| Your assignment |
Search the entries for lines that contain the word "refl", and report each one found.

| Provided information |

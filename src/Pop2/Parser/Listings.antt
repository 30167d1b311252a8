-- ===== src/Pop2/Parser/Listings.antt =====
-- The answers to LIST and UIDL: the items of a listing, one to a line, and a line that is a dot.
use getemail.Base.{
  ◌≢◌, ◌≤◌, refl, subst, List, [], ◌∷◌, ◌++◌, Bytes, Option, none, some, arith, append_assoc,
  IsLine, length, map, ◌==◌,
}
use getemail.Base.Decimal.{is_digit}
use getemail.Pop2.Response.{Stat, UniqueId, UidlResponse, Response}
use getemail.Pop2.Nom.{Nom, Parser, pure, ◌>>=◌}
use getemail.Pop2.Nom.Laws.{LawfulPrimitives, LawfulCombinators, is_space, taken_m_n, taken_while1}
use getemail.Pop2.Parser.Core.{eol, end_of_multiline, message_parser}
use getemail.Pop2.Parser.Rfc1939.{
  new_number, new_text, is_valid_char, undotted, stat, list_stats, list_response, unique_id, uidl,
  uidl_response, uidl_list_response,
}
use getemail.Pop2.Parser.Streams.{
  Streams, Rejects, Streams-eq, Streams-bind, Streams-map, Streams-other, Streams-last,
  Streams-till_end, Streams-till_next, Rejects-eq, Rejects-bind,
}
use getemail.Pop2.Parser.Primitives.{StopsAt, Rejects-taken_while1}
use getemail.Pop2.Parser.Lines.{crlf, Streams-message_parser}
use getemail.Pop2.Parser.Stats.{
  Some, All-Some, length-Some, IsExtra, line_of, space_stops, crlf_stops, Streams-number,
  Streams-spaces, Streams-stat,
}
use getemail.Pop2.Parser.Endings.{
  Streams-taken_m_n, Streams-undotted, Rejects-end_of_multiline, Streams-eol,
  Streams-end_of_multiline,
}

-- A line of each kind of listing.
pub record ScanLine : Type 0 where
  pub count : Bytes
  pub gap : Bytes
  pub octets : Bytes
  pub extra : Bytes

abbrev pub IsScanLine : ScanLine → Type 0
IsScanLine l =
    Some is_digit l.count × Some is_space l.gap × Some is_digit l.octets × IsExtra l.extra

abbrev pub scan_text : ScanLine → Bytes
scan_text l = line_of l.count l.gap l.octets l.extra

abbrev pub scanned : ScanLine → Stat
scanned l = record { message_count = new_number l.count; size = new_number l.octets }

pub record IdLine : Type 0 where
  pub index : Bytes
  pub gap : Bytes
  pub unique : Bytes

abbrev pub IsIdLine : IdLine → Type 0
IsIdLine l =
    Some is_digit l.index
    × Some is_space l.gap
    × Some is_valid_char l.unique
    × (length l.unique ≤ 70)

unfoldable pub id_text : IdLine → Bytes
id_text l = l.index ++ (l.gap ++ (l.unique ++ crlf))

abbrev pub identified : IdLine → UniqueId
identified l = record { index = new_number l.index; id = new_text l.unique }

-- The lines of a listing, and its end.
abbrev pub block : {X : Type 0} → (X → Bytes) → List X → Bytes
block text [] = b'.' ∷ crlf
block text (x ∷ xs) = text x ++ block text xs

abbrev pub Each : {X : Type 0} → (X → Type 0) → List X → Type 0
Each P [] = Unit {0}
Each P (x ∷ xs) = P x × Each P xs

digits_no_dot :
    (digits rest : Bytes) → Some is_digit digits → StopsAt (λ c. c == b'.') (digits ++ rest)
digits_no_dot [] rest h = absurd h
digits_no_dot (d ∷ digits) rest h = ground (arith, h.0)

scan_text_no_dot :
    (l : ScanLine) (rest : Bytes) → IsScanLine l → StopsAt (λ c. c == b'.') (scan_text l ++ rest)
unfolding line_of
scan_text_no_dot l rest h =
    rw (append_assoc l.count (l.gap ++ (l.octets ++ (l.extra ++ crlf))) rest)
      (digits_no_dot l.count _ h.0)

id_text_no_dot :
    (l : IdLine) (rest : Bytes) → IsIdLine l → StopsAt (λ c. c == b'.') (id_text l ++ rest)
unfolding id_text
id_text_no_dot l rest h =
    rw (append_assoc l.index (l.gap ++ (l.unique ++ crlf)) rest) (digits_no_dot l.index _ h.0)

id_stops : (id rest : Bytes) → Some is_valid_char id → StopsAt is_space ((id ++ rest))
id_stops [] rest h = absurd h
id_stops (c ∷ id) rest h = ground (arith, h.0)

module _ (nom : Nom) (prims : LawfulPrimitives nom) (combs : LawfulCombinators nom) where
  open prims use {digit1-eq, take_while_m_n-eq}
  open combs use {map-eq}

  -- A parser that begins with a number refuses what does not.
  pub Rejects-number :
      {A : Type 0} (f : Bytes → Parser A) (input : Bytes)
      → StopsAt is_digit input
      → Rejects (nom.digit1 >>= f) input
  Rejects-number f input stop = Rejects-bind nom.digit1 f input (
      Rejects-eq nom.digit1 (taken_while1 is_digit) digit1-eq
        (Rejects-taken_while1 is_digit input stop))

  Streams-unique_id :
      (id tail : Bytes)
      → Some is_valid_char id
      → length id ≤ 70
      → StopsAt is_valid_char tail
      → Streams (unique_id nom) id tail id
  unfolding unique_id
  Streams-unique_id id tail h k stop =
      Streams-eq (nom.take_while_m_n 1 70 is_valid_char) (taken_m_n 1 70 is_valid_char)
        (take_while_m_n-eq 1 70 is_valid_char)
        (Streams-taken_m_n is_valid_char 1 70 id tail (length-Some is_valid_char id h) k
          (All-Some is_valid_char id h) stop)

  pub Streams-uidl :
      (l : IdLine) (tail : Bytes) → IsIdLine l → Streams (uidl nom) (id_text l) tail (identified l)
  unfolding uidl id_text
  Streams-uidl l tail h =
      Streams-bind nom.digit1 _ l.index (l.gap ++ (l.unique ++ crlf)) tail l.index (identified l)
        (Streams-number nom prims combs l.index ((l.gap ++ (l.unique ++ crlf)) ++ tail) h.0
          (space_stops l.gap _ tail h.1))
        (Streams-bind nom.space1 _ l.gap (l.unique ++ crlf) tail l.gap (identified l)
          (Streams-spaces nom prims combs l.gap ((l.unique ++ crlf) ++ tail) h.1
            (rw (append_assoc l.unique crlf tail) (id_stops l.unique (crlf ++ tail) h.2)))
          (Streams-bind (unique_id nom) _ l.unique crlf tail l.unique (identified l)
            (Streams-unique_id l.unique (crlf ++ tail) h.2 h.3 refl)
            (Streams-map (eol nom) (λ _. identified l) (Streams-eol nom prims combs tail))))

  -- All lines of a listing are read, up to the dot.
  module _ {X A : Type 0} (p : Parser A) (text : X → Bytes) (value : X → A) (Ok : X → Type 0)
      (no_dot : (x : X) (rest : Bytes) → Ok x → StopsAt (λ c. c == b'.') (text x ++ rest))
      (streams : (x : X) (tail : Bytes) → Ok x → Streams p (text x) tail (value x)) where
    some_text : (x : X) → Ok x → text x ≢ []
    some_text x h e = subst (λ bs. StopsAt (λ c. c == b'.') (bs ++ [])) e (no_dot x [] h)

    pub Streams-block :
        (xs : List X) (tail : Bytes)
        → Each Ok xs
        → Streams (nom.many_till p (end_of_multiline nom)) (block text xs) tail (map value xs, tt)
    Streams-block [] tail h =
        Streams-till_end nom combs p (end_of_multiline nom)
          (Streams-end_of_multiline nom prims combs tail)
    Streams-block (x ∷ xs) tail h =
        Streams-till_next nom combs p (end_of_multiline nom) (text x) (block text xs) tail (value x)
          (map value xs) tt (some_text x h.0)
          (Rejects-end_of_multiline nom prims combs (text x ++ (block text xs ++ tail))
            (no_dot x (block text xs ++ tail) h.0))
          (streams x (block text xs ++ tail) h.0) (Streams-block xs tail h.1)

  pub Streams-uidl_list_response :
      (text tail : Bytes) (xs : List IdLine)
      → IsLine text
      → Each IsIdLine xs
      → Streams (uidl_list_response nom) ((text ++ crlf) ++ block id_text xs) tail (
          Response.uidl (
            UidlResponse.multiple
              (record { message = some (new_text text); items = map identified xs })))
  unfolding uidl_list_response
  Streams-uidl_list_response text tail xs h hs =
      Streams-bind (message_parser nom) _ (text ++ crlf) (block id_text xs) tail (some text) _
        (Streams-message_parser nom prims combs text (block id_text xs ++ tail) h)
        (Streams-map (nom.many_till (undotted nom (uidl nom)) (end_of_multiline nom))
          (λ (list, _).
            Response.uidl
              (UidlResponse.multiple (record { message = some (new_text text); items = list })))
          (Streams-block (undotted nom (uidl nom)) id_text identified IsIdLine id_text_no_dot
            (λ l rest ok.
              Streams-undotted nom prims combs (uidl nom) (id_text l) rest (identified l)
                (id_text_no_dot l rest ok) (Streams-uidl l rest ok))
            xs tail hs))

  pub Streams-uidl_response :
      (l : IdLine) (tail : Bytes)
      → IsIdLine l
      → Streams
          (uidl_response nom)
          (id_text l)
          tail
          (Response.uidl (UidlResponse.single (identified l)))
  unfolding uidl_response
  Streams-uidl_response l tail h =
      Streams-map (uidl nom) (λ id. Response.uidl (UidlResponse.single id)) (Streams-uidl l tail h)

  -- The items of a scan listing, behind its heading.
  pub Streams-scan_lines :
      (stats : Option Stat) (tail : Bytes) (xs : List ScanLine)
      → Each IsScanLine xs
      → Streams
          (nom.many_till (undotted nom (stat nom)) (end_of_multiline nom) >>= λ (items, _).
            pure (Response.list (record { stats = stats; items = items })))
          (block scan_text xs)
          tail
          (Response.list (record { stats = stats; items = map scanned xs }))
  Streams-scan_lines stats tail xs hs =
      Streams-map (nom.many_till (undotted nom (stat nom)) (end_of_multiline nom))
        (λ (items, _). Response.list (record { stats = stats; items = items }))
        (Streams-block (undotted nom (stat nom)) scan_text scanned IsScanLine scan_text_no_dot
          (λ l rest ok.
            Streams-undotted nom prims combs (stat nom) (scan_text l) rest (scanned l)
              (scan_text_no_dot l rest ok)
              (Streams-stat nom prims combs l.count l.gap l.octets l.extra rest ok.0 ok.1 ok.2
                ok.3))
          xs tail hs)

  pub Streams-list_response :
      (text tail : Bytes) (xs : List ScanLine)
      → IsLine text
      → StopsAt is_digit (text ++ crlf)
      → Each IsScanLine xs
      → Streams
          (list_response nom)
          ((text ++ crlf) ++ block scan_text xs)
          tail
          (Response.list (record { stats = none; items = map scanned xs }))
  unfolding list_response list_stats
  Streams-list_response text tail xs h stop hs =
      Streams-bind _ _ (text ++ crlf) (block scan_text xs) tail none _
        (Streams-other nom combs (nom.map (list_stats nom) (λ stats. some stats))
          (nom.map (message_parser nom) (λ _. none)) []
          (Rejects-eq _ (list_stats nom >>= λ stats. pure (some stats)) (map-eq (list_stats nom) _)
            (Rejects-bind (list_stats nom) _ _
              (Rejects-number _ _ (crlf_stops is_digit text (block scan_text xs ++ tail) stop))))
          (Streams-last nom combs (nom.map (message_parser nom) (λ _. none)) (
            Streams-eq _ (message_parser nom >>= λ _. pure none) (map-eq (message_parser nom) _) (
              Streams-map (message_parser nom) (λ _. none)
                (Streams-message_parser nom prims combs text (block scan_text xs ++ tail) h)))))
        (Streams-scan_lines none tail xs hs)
* * *
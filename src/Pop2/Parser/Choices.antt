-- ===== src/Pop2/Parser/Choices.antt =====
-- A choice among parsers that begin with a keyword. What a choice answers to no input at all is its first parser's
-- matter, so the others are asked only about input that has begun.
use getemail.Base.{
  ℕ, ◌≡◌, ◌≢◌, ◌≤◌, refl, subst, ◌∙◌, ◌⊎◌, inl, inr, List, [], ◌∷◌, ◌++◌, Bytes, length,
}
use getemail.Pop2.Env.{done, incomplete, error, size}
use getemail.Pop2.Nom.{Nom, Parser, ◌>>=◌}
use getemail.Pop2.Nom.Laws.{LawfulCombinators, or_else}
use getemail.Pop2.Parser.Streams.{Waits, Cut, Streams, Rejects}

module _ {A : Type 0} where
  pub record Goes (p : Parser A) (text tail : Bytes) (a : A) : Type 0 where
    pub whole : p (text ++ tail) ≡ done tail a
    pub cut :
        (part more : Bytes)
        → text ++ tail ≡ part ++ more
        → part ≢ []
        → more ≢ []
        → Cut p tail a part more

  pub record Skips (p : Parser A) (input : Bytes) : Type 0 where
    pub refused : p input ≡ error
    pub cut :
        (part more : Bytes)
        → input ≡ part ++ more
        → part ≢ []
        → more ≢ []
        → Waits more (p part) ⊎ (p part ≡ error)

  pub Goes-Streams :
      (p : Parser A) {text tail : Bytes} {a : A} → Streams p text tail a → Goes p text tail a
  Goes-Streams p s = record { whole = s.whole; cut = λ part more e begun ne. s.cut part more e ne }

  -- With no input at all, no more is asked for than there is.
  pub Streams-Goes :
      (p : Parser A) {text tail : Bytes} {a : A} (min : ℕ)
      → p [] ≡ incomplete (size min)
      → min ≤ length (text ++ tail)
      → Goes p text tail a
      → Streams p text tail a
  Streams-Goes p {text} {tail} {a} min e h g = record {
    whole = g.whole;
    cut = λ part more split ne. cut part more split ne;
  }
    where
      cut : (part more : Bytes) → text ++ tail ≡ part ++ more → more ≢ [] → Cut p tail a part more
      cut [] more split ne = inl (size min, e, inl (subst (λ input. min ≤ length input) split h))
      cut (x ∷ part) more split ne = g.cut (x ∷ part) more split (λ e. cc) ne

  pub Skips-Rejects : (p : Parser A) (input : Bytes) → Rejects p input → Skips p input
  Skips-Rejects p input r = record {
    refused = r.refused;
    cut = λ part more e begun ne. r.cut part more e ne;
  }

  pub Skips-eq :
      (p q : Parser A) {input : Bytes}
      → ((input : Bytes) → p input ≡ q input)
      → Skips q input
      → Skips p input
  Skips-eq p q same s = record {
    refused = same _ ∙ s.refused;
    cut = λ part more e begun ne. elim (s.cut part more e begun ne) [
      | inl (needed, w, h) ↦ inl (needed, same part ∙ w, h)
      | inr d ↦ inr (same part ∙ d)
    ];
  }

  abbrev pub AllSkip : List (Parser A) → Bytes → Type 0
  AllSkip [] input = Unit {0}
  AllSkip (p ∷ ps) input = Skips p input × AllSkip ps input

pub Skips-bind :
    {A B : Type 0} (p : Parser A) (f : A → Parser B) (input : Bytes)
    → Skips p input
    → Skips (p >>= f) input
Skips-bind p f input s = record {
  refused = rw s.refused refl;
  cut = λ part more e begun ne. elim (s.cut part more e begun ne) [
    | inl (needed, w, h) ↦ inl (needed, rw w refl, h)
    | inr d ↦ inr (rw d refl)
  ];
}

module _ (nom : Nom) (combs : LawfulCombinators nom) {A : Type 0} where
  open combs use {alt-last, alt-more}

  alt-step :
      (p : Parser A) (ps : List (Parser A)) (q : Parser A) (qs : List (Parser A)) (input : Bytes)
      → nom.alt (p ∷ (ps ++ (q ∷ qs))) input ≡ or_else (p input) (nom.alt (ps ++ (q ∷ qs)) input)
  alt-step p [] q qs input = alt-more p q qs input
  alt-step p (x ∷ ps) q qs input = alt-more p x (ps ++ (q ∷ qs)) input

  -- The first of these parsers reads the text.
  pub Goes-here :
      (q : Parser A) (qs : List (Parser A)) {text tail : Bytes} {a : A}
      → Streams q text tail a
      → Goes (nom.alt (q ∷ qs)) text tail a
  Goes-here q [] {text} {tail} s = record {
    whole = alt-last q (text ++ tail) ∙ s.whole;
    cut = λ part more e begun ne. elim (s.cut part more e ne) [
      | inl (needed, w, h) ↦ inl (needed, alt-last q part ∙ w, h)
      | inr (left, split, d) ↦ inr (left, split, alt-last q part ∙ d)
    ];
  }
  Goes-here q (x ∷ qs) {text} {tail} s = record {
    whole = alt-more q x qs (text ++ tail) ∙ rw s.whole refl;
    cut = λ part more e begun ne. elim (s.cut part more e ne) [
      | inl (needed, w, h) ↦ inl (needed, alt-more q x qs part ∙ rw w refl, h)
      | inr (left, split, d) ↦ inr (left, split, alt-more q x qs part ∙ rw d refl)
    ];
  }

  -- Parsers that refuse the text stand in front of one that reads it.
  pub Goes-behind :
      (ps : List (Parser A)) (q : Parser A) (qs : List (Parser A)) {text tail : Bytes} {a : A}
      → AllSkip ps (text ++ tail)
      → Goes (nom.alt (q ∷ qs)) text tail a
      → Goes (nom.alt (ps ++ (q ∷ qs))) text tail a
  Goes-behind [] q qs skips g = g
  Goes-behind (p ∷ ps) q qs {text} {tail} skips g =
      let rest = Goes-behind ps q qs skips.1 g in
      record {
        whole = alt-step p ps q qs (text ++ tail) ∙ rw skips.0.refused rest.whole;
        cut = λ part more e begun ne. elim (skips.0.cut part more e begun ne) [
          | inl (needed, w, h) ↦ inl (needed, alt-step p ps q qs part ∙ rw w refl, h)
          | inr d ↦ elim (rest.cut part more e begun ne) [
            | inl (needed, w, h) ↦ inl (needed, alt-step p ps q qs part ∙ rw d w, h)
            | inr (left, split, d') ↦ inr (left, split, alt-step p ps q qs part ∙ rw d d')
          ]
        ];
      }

| Written solution |
  ◌≢◌, ◌≤◌, refl, subst, List, [], ◌∷◌, ◌++◌, Bytes, Option, none, some, arith, append_assoc,
            (Streams-unique_id l.unique (crlf ++ tail) h.2 h.3 refl)
  ℕ, ◌≡◌, ◌≢◌, ◌≤◌, refl, subst, ◌∙◌, ◌⊎◌, inl, inr, List, [], ◌∷◌, ◌++◌, Bytes, length,
  refused = rw s.refused refl;
    | inl (needed, w, h) ↦ inl (needed, rw w refl, h)
    | inr d ↦ inr (rw d refl)
    whole = alt-more q x qs (text ++ tail) ∙ rw s.whole refl;
      | inl (needed, w, h) ↦ inl (needed, alt-more q x qs part ∙ rw w refl, h)
      | inr (left, split, d) ↦ inr (left, split, alt-more q x qs part ∙ rw d refl)
          | inl (needed, w, h) ↦ inl (needed, alt-step p ps q qs part ∙ rw w refl, h)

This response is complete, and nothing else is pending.